My problem is the following. In order to experience the light as approaching me at the speed of c, time must be slowed down by 33% for me, right?

But according to the good old 1/sqrd(1-(v^2/c^2)) formula, the Relativistic Change Factor is only 1.1547005383792517 ?!

Now, I'm sure that I'm missing something, it's just what?

Can someone please explain this for me.

Thanks :)

Related Special and General Relativity News on Phys.org
i don't think you can use the forumula $$t' = \frac{t}{\sqrt{1-\frac{v^2}{c^2}}}$$ here.

one of the clocks is not travelling on the beam of light.

Hi there,

time must be slowed down by 33% for me, right?
Wrong. You 33% is thinking into a linear sense. But like you said it, with the good old $$\frac{1}{\sqrt{c^2-v^2}}$$ tells you that we are not living into a linear world. Therefore, you cannot say that time must dilate by $$\frac{2}{3}$$.

Cheers

Thanks for your replies, but I'm afraid I still haven't gained any clarity :)

How does it add up then?

I mean; if someone watching all this from the sideline sees the light from the sun moving at the speed of light, and I, moving toward it, also see the light as moving from the sun at the speed of light, mustn't that imply that I'm experiencing time as moving 33% slower than the spectator on the sideline?

That's the beauty of relativity. Time, for you on the spaceship, slows down (compared to someone on Earth). But it does not slow down linearly to your speed. Your time would slow down by $$\approx 13\%$$ compared to your Earthly observer.

Doc Al
Mentor
The example is as follows:

If I'm sitting in a spacecraft, traveling at half the speed of light towards the sun, which again is shining light in my direction at the speed of light (duh!), Newtonian logic says that the light should pass by me at the speed of 3/2 c, right?
That would certainly be true according to pre-Einstein Galilean relativity. If someone at rest with respect to the sun sees the light move at speed c, then from your frame (moving at c/2 with respect to his) it would be moving at 3/2 c.
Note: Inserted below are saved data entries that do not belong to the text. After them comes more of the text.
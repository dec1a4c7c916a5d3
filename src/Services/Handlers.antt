-- ===== src/Services/Handlers.antt =====
-- internal/persister/service.go and internal/commands/service.go: what consumes windows and
-- commands. The state that they write to is a component of its own: a function on a world.
pub mod Commands
use mcp_ironclaw.Prelude.{ℕ, ◌==◌, Option, none, some, if◌then◌else◌}
use mcp_ironclaw.Go.Text.{Text, codes}
use mcp_ironclaw.Domain.Errors.{Error, unsupported_kind}
use mcp_ironclaw.Domain.Key.{AggregateWindow}
use mcp_ironclaw.Domain.Command.{Command, validate_command, command_reset_counters}
use mcp_ironclaw.Services.Metrics.{Recorder, record_sample}

abbrev pub metric_windows_persisted : Text
metric_windows_persisted = codes "persister_windows_persisted"

abbrev pub metric_commands_applied : Text
metric_commands_applied = codes "commands_applied"

abbrev pub metric_commands_rejected : Text
metric_commands_rejected = codes "commands_rejected"

-- A service with the state that it writes to.
pub record Handler (W : Type 0) : Type 0 where
  pub world : W
  pub metrics : Recorder

-- domain.StateWriter
abbrev pub StateWriter : Type 0 → Type 0
StateWriter W = AggregateWindow → W → W × Option Error

-- persister: HandleWindow
unfoldable pub handle_window :
    {W : Type 0} → StateWriter W → AggregateWindow → Handler W → Handler W × Option Error
handle_window apply w s =
    let (world, result) = apply w s.world in
    elim result [
      | some e ↦ (record s { world = world }, some e)
      | none ↦ (
        record { world = world; metrics = record_sample metric_windows_persisted 1 s.metrics },
        none,
      )
    ]

-- The interface `DeviceResetter`.
abbrev pub DeviceResetter : Type 0 → Type 0
DeviceResetter W = Text → Text → W → W × Option Error

abbrev pub finish : {W : Type 0} → Option Error → Handler W → Handler W × Option Error
finish (some e) s =
    (record s { metrics = record_sample metric_commands_rejected 1 s.metrics }, some e)
finish none s = (record s { metrics = record_sample metric_commands_applied 1 s.metrics }, none)

-- commands: the `switch` of HandleCommand
unfoldable pub dispatch :
    {W : Type 0} → DeviceResetter W → Command → Handler W → Handler W × Option Error
dispatch reset c s =
    let (world, result) = reset c.user_id c.device_id s.world in
    if c.kind == command_reset_counters
    then finish result (record s { world = world })
    else finish (some unsupported_kind) s

unfoldable pub handle_command :
    {W : Type 0} → DeviceResetter W → Command → Handler W → Handler W × Option Error
handle_command reset c s = elim (validate_command c) [
  | some e ↦ finish (some e) s
  | none ↦ dispatch reset c s
]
Since we know that this isn't possible, time dilation must be occurring, since the speed of light is always the same no matter my velocity.
Not only time dilation, but length contraction and clock desynchronization.

My problem is the following. In order to experience the light as approaching me at the speed of c, time must be slowed down by 33% for me, right?

But according to the good old 1/sqrd(1-(v^2/c^2)) formula, the Relativistic Change Factor is only 1.1547005383792517 ?!
You're thinking about how moving clocks are measured to run slow. If you observe a clock rushing past you at speed c/2, then you would measure it to run slow by a factor of 1.15. (By the way, you always see your own clocks running normally... it's only the other frame's clocks that are affected by time dilation.)
Now, I'm sure that I'm missing something, it's just what?
To understand how speeds transform from one frame to another, you have to include more than just time dilation of moving clocks. Think of how you would measure that speed of light with respect to you. Here's one way. Imagine your spacecraft is many, many miles long. You measure an incoming beam of light as it passes by your ship. Using a clock at the front of your ship, you measure the time at which it passes the front; similarly, using a clock at the rear of your ship, you measure the time at which it passes the rear. Knowing that your clocks are synchronized and the distance between them, you use that data to find the speed of the light beam. Of course, as relativity tells us, you find that speed to be c.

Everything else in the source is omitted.